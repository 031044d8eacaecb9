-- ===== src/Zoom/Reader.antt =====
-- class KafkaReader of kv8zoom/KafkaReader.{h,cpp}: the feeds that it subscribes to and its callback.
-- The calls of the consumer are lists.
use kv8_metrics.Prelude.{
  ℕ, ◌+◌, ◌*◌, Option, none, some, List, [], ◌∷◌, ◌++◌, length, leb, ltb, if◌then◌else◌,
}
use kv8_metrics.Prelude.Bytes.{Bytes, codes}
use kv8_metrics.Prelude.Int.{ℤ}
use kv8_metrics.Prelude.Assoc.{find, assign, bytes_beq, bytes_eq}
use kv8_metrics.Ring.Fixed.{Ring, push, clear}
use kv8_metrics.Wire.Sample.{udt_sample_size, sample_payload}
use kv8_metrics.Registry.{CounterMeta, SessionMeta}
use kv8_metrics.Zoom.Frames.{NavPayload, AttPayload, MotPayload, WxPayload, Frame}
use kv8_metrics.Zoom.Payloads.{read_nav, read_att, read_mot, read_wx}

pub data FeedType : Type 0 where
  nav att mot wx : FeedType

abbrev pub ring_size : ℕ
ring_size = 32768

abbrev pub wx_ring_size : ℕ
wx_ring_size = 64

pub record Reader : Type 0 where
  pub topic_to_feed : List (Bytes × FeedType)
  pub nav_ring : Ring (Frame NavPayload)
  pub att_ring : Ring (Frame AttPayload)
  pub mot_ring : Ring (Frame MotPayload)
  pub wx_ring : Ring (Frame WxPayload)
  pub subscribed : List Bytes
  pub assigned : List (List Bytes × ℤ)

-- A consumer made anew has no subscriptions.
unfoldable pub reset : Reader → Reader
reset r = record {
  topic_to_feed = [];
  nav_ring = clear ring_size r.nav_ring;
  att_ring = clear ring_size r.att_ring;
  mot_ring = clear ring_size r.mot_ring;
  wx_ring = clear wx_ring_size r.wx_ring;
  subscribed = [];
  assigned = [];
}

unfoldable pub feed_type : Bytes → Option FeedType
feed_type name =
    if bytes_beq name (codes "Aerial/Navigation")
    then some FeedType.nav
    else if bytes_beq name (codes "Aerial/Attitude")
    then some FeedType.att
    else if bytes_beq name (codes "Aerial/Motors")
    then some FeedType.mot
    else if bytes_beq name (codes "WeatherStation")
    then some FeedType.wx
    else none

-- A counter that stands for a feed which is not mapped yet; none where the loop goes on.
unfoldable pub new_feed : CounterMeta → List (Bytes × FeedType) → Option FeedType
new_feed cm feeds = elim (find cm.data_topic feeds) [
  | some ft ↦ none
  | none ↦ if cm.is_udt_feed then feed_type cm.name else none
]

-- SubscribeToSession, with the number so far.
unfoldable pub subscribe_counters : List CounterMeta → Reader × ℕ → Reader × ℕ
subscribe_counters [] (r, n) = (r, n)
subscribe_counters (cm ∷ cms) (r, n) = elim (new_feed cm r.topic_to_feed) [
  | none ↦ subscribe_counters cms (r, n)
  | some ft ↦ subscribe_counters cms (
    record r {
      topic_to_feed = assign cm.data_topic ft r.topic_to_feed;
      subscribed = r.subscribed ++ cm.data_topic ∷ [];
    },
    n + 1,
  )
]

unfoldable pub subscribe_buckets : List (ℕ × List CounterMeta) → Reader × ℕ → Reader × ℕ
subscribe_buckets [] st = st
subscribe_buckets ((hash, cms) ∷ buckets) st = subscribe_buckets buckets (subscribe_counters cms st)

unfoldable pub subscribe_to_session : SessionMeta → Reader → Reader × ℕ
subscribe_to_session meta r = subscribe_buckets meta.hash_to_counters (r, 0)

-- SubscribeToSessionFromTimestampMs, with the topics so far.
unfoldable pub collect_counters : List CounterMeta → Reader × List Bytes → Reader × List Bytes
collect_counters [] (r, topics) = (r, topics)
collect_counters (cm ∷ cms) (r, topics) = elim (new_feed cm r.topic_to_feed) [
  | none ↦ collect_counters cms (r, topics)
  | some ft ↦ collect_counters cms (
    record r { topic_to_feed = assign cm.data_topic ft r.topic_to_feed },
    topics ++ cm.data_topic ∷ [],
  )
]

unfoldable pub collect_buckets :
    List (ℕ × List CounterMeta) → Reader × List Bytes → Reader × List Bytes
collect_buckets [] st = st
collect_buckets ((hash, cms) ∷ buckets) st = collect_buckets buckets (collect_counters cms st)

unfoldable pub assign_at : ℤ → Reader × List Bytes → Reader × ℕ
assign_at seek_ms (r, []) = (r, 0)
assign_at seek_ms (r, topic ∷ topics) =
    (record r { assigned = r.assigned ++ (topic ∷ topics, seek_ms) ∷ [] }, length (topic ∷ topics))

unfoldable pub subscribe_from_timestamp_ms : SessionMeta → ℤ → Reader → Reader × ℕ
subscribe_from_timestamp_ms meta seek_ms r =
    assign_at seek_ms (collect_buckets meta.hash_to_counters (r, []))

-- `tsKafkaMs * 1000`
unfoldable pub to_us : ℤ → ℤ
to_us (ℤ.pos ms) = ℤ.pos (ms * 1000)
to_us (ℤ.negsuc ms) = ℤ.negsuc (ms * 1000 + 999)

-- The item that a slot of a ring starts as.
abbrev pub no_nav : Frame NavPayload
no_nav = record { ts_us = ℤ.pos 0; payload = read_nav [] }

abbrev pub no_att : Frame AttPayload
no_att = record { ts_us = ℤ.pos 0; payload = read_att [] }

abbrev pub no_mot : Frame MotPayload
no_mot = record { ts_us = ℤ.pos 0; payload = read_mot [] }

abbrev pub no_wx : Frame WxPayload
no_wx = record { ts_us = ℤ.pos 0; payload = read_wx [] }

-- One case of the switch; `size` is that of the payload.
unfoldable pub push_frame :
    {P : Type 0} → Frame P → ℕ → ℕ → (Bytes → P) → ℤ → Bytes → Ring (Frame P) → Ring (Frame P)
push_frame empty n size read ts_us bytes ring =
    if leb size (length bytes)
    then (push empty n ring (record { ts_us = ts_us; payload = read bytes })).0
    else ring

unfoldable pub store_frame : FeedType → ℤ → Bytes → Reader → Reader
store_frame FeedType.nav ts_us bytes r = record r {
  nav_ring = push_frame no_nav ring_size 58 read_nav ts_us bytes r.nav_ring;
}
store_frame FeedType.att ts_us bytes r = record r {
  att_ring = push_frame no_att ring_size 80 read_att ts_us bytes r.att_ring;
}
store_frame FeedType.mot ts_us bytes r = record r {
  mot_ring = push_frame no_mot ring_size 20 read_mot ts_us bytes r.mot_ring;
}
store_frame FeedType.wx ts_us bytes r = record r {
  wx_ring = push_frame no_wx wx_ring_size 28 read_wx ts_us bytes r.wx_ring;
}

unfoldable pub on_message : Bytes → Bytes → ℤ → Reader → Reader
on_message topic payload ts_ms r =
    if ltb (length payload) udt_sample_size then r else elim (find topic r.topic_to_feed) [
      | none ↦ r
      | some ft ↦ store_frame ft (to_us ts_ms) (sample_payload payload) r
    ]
...
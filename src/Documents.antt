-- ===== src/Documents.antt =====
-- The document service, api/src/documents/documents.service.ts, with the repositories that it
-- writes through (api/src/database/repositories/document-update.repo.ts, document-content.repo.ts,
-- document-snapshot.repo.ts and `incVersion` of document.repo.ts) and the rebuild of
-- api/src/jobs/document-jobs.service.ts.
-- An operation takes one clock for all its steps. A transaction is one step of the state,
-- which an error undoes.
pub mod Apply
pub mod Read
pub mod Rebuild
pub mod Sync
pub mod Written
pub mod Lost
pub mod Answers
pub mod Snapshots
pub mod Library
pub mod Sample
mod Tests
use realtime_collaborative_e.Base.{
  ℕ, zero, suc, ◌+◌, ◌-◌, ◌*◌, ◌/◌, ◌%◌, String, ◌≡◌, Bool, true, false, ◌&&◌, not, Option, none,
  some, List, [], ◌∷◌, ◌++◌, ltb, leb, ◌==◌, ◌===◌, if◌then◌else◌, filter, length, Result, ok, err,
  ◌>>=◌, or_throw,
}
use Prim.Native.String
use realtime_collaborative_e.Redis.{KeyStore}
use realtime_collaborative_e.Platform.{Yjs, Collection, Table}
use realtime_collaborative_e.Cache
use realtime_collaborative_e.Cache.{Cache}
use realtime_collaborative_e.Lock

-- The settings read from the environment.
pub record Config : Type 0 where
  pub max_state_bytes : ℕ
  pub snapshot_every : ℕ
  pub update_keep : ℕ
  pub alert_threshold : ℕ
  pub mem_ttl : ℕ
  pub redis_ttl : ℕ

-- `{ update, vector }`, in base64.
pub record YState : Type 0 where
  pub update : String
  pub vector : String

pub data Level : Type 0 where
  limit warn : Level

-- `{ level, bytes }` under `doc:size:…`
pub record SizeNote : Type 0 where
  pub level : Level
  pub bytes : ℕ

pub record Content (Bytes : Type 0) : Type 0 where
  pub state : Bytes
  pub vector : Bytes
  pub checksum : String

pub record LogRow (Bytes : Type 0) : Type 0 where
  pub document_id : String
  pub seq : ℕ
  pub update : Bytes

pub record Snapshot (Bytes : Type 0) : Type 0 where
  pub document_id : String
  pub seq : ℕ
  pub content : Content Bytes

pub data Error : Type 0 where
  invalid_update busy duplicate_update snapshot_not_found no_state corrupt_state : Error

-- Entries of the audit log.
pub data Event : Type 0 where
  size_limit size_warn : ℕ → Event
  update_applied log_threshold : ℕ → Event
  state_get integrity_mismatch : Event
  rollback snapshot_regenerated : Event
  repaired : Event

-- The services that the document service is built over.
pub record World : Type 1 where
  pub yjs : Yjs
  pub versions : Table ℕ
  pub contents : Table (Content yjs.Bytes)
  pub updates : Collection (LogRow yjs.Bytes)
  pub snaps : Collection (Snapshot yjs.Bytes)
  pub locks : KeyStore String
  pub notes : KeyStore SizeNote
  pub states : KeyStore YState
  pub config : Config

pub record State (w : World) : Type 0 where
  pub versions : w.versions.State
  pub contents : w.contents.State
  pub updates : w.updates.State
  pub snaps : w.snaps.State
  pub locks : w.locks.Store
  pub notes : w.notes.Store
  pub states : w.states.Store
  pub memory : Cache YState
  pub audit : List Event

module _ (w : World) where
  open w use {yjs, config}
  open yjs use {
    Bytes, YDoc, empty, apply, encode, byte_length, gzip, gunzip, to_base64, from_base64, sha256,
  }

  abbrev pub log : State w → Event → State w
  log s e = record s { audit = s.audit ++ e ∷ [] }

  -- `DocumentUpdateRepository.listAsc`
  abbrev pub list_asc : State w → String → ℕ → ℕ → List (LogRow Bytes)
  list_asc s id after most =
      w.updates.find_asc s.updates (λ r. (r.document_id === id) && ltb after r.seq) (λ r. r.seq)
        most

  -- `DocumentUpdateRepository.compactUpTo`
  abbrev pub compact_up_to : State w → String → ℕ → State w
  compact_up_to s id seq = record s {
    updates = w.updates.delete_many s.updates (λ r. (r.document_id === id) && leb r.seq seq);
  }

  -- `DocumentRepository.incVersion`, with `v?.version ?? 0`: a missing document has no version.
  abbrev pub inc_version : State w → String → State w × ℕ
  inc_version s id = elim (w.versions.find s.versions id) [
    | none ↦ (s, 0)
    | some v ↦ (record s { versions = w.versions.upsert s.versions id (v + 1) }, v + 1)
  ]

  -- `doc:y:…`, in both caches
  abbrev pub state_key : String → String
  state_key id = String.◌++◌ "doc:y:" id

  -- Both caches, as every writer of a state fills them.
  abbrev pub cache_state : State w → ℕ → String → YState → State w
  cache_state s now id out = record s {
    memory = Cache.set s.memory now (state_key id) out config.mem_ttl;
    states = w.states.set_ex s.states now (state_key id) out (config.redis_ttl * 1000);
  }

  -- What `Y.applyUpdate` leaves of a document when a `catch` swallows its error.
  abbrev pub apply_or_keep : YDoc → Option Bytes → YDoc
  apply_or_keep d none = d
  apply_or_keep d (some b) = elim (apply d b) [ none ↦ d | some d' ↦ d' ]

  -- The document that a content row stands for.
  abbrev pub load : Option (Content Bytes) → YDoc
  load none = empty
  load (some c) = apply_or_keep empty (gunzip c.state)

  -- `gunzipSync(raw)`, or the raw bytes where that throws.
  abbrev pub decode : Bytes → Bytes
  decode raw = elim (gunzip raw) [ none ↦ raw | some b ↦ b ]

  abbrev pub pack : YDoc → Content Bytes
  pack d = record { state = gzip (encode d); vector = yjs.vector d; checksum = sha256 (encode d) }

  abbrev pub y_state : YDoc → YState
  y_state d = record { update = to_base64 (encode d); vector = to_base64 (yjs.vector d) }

§ **ACTION ITEM**: Please give back exactly the lines of this listing beginning at the line with "pub mod Written" and ending with the line with "pub versions : Table ℕ", both included, and nothing else.

§ **WRITTEN ANSWER**:
pub mod Written
pub mod Lost
pub mod Answers
pub mod Snapshots
pub mod Library
pub mod Sample
mod Tests
use realtime_collaborative_e.Base.{
  ℕ, zero, suc, ◌+◌, ◌-◌, ◌*◌, ◌/◌, ◌%◌, String, ◌≡◌, Bool, true, false, ◌&&◌, not, Option, none,
  some, List, [], ◌∷◌, ◌++◌, ltb, leb, ◌==◌, ◌===◌, if◌then◌else◌, filter, length, Result, ok, err,
  ◌>>=◌, or_throw,
}
use Prim.Native.String
use realtime_collaborative_e.Redis.{KeyStore}
use realtime_collaborative_e.Platform.{Yjs, Collection, Table}
use realtime_collaborative_e.Cache
use realtime_collaborative_e.Cache.{Cache}
use realtime_collaborative_e.Lock

-- The settings read from the environment.
pub record Config : Type 0 where
  pub max_state_bytes : ℕ
  pub snapshot_every : ℕ
  pub update_keep : ℕ
  pub alert_threshold : ℕ
  pub mem_ttl : ℕ
  pub redis_ttl : ℕ

-- `{ update, vector }`, in base64.
pub record YState : Type 0 where
  pub update : String
  pub vector : String

pub data Level : Type 0 where
  limit warn : Level

-- `{ level, bytes }` under `doc:size:…`
pub record SizeNote : Type 0 where
  pub level : Level
  pub bytes : ℕ

pub record Content (Bytes : Type 0) : Type 0 where
  pub state : Bytes
  pub vector : Bytes
  pub checksum : String

pub record LogRow (Bytes : Type 0) : Type 0 where
  pub document_id : String
  pub seq : ℕ
  pub update : Bytes

pub record Snapshot (Bytes : Type 0) : Type 0 where
  pub document_id : String
  pub seq : ℕ
  pub content : Content Bytes

pub data Error : Type 0 where
  invalid_update busy duplicate_update snapshot_not_found no_state corrupt_state : Error

-- Entries of the audit log.
pub data Event : Type 0 where
  size_limit size_warn : ℕ → Event
  update_applied log_threshold : ℕ → Event
  state_get integrity_mismatch : Event
  rollback snapshot_regenerated : Event
  repaired : Event

-- The services that the document service is built over.
pub record World : Type 1 where
  pub yjs : Yjs
  pub versions : Table ℕ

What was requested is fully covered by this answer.